MARKET REPORT: Economic storm bears down on bank stocks


Banking stocks plunged as storm clouds gathered over the UK economy.

Lloyds sank 5.8 per cent, or 2.4p, to 39.09p while Barclays fell 3.2 per cent, or 4.48p, to 135.68p and NatWest was down 4.2 per cent, or 9.2p, to 212.4p amid mounting fears the UK is heading into recession just as turmoil on the financial markets poses a threat to financial stability.

The mood was not helped as official figures showed the UK economy shrank by 0.3 per cent in August.

Recession fears: Lloyds sank 5.8%, while Barclays fell 3.2% and NatWest was down 4.2% amid turmoil on the financial markets

‘Unhelpful external headwinds are blowing, holding back the UK’s ability to grow its economy,’ said Hargreaves Lansdown analyst Sophie-Lund Yates.
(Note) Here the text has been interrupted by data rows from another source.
-- ===== src/Regex.antt =====
-- Regular expressions as the guards use them: tested against a whole text (`^…$`), by derivatives.
pub mod Laws
use opencode_rc.Common.{
  ℕ, Bool, true, false, ◌&&◌, ◌||◌, List, [], ◌∷◌, Text, lower_char, ◌==◌, not, if◌then◌else◌,
}

pub data Re : Type 0 where
  never eps : Re
  one : (ℕ → Bool) → Re
  seq alt : Re → Re → Re
  star : Re → Re

unfoldable pub nullable : Re → Bool
nullable never = false
nullable eps = true
nullable (one p) = false
nullable (seq r q) = nullable r && nullable q
nullable (alt r q) = nullable r || nullable q
nullable (star r) = true

-- `seq` and `alt`, simplified so that derivatives stay small.
unfoldable pub chain : Re → Re → Re
chain never q = never
chain eps q = q
chain r q = seq r q

unfoldable pub either : Re → Re → Re
either never q = q
either r never = r
either r q = alt r q

unfoldable pub deriv : ℕ → Re → Re
unfolding chain either nullable
deriv c never = never
deriv c eps = never
deriv c (one p) = if p c then eps else never
deriv c (seq r q) =
    let rest = deriv c q in
    let first = chain (deriv c r) q in if nullable r then either first rest else first
deriv c (alt r q) = either (deriv c r) (deriv c q)
deriv c (star r) = chain (deriv c r) (star r)

-- `/^r$/.test(s)`
unfoldable pub accepts : Re → Text → Bool
unfolding deriv nullable
accepts r [] = nullable r
accepts r (c ∷ s) = accepts (deriv c r) s

-- The pieces that the patterns of the program are written with. Each takes the rest of the
-- pattern, so that a pattern reads from left to right.
-- A literal text.
unfoldable pub lit : Text → Re → Re
lit [] r = r
lit (c ∷ s) r = seq (one (λ d. d == c)) (lit s r)

-- A literal under the `i` flag; the text is in lower case.
unfoldable pub lit_i : Text → Re → Re
unfolding lower_char
lit_i [] r = r
lit_i (c ∷ s) r = seq (one (λ d. lower_char d == c)) (lit_i s r)

-- `p+` for a class of characters
unfoldable pub plus : (ℕ → Bool) → Re → Re
plus p r = seq (seq (one p) (star (one p))) r

-- The class `[^/]`.
unfoldable pub not_slash : ℕ → Bool
not_slash c = not (c == b'/')

-- `.`: any character but a line terminator
unfoldable pub dot : ℕ → Bool
dot c = not (c == 10 || c == 13 || c == 0x2028 || c == 0x2029)

unfoldable pub regex : Unit {0}
unfolding accepts lit lit_i plus not_slash dot
regex = tt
Shore Capital analyst Gary Greenwood warned banks are being hit by a cocktail of woes, including the Pensions crisis stemming from liability-driven investments (LDIs).
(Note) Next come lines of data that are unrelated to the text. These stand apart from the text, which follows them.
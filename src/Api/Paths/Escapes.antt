-- ===== src/Api/Paths/Escapes.antt =====
-- Percent escapes: the first test of `canonicalPath` (proxy.ts) and `decodeURIComponent`.
use opencode_rc.Common.{
  ℕ, zero, suc, Bool, false, ◌&&◌, ◌||◌, List, [], ◌∷◌, Text, text, Option, none, some, includes,
  if◌then◌else◌, ◌==◌, ◌+◌, ◌-◌, ◌*◌, leb, lower_char, ltb,
}

-- `[\x00-\x1f\x7f]`
unfoldable pub is_control : ℕ → Bool
is_control c = leb c 31 || c == 127

-- `[0-9a-f]`, the letter in lower case
unfoldable pub is_hex : ℕ → Bool
is_hex c = (leb b'0' c && leb c b'9') || (leb b'a' c && leb c b'f')

-- The two characters behind a "%" that stand for a structural or a control character.
unfoldable pub is_structural : Text → Bool
unfolding is_hex includes text
is_structural (a ∷ b ∷ s) =
    includes
      (text "2f"
        ∷ text "5c"
        ∷ text "3f"
        ∷ text "23"
        ∷ text "3b"
        ∷ text "2e"
        ∷ text "25"
        ∷ text "7f"
        ∷ [])
      (lower_char a ∷ lower_char b ∷ [])
    || ((a == b'0' || a == b'1') && is_hex (lower_char b))
is_structural _ = false

-- `/%(2f|5c|3f|23|3b|2e|25|[01][0-9a-f]|7f)/i.test(path)`
unfoldable pub escapes_structure : Text → Bool
unfolding is_structural
escapes_structure [] = false
escapes_structure (c ∷ s) = (c == b'%' && is_structural s) || escapes_structure s

-- What `decodeURIComponent` reads: a character, or the byte of an escape.
pub data Unit8 : Type 0 where
  raw : ℕ → Unit8
  byte : ℕ → Unit8

unfoldable pub hex_value : ℕ → Option ℕ
hex_value c =
    if leb b'0' c && leb c b'9'
    then some (c - 48)
    else if leb b'a' c && leb c b'f'
    then some (c - 87)
    else if leb b'A' c && leb c b'F'
    then some (c - 55)
    else none

infixl 5 ◌>>=◌
abbrev pub ◌>>=◌ : {A B : Type 0} → Option A → (A → Option B) → Option B
none >>= k = none
some a >>= k = k a

-- An unfinished or malformed escape is an error.
unfoldable pub units : Text → Option (List Unit8)
unfolding hex_value
units [] = some []
units (c ∷ []) = if c == b'%' then none else some (raw c ∷ [])
units (c ∷ a ∷ []) = do rest ← units (a ∷ []); if c == b'%' then none else some (raw c ∷ rest)
units (c ∷ a ∷ b ∷ s) =
    let escaped = (do
      x ← hex_value a
      y ← hex_value b
      rest ← units s
      some (byte (x * 16 + y) ∷ rest)) in
    let plain = (do rest ← units (a ∷ b ∷ s); some (raw c ∷ rest)) in
    if c == b'%' then escaped else plain

-- The payload of a continuation byte.
unfoldable pub continuation : Unit8 → Option ℕ
continuation (byte b) = if leb 0x80 b && leb b 0xbf then some (b - 0x80) else none
continuation (raw c) = none

-- A scalar value of `n` bytes is in range: not overlong, no surrogate, at most U+10FFFF.
unfoldable pub scalar : (lo c : ℕ) → Option ℕ
scalar lo c = if ltb c lo || (leb 0xd800 c && leb c 0xdfff) || ltb 0x10ffff c then none else some c

-- Reads the bytes of UTF-8: `need` continuation bytes are missing from a character of which `acc`
-- was read, and which must be at least `lo`.
unfoldable pub assemble : (need lo acc : ℕ) → List Unit8 → Option Text
unfolding continuation scalar
assemble zero lo acc [] = some []
assemble (suc n) lo acc [] = none
assemble zero lo acc (raw c ∷ us) = do rest ← assemble 0 0 0 us; some (c ∷ rest)
assemble zero lo acc (byte b ∷ us) =
    let ascii = (do rest ← assemble 0 0 0 us; some (b ∷ rest)) in
    let two = assemble 1 0x80 (b - 0xc0) us in
    let three = assemble 2 0x800 (b - 0xe0) us in
    let four = assemble 3 0x10000 (b - 0xf0) us in
    if ltb b 0x80
    then ascii
    else if ltb b 0xc0
    then none
    else if ltb b 0xe0
    then two
    else if ltb b 0xf0
    then three
    else if ltb b 0xf8
    then four
    else none
assemble (suc zero) lo acc (u ∷ us) = do
  x ← continuation u
  c ← scalar lo (acc * 64 + x)
  rest ← assemble 0 0 0 us
  some (c ∷ rest)
assemble (suc (suc n)) lo acc (u ∷ us) =
    let go = λ (x : ℕ). assemble (suc n) lo (acc * 64 + x) us in continuation u >>= go

-- `decodeURIComponent`; `none` where it throws.
unfoldable pub decode_uri_component : Text → Option Text
unfolding units assemble
decode_uri_component s = do us ← units s; assemble 0 0 0 us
He said: ‘The recent disruption of government bond markets due to the LDI issue has also raised concerns around financial stability. 

The market is concerned about what this may mean for bad debts and so the solvency of banks. 

Concerns are massively overdone and banks are entering this downturn in very good shape following years of regulatory tightening and a period of relatively muted loan book growth.’

The FTSE 100 was down 0.86 per cent, or 59.08 points, to 6826.15 and the FTSE 250 dropped 1.73 per cent, or 292.90 points, to 16,611.16.

Energy stocks fell amid reports of an imminent windfall tax capping the money made by wind, solar and nuclear producers.

Drax dropped 2.5 per cent, or 13p, to 511.5p, SSE was down 2 per cent, or 28.5p, to 1428p, Centrica fell 1 per cent, or 0.68p, to 68.68p and National Grid slid 2.9 per cent, or 25.4p, to 858.4p. 

Stock Watch – Kin & Carta

Kin & Carta rose 5 per cent, or 9.4p, to 199.4p as it found favour with investors on the back of a fruitful year.

The tech consultancy’s revenue for the 12 months to the end of July, at £190.3million, was 37 per cent higher than a year earlier. 

It hailed the three takeovers it completed even though this widened losses for the year to £15.9million from £5.8million.

A record £81million contract with a financial services client was sealed, and it has revised its target of doubling revenue by 2024 rather than 2025.

Drax boss Will Gardiner said it would work with the Government and industry to iron out proposals for a temporary cap on revenue.

Fracking shares also took a hit as MPs look at ways to amend the Government’s plan to lift the ban on drilling for shale gas onshore.

Egdon Resources dived 16.7 per cent, or 0.8p, to 4p while Igas Energy tumbled 10.2pc, or 5.4p, to 47.6p.

Deutsche Bank highlighted jitters towards gambling stocks, cutting the target price of Entain, the owner of Ladbrokes and Coral. Online betting group 888 was cut to 160p from 230p. 

Even though Deutsche issued a ‘buy’ rating for both, Entain fell 0,9 per cent, or 9.5p, to 1088.5p while 888 was down 3.5 per cent, or 3.2p, to 87.3p.

Chemicals group Synthomer fell 7.8 per cent, or 7.55p, to 88.85p as it paid the price for suspending dividends until the end of next year.

Tullow Oil plunged 6.6 per cent, or 2.72p, to 38.38p after broker Jefferies lowered its rating to ‘hold’ from ‘buy’ and cut the target price to 48p from 77p. 

Hostelworld gave its investors a reason to cheer as the online travel agent expects to swing from a loss to making profit for the year. Shares inched up 0.1 per cent, or 0.1p, to 76p.

Mike Ashley took another stride in expanding his empire as the Sports Direct owner Frasers Group disclosed a 4.5 per cent stake in N Brown. 

But Jefferies trimmed N Brown’s target price to 25p from 30p as shares in the retailer sank 6.6 per cent, or 1.55p, to 22p.

Marston’s tumbled 3.9 per cent, or 1.48p, to 36.5p. Liberum issued a ‘buy’ rating as the brewer has ‘deep value’ even in the face of rising economic pressures while JP Morgan reiterated a ‘neutral’ recommendation and trimmed the target price to 54p from 59p.

Deepverge hit a record low, saying it was struggling to raise enough to repay a major loan and shore up its balance sheet.

The company, which makes human-like skin for drug firms to test products on, is due to make its first loan repayment on Sunday. Shares tumbled 44.9 per cent, or 2.52p, to 3.1p.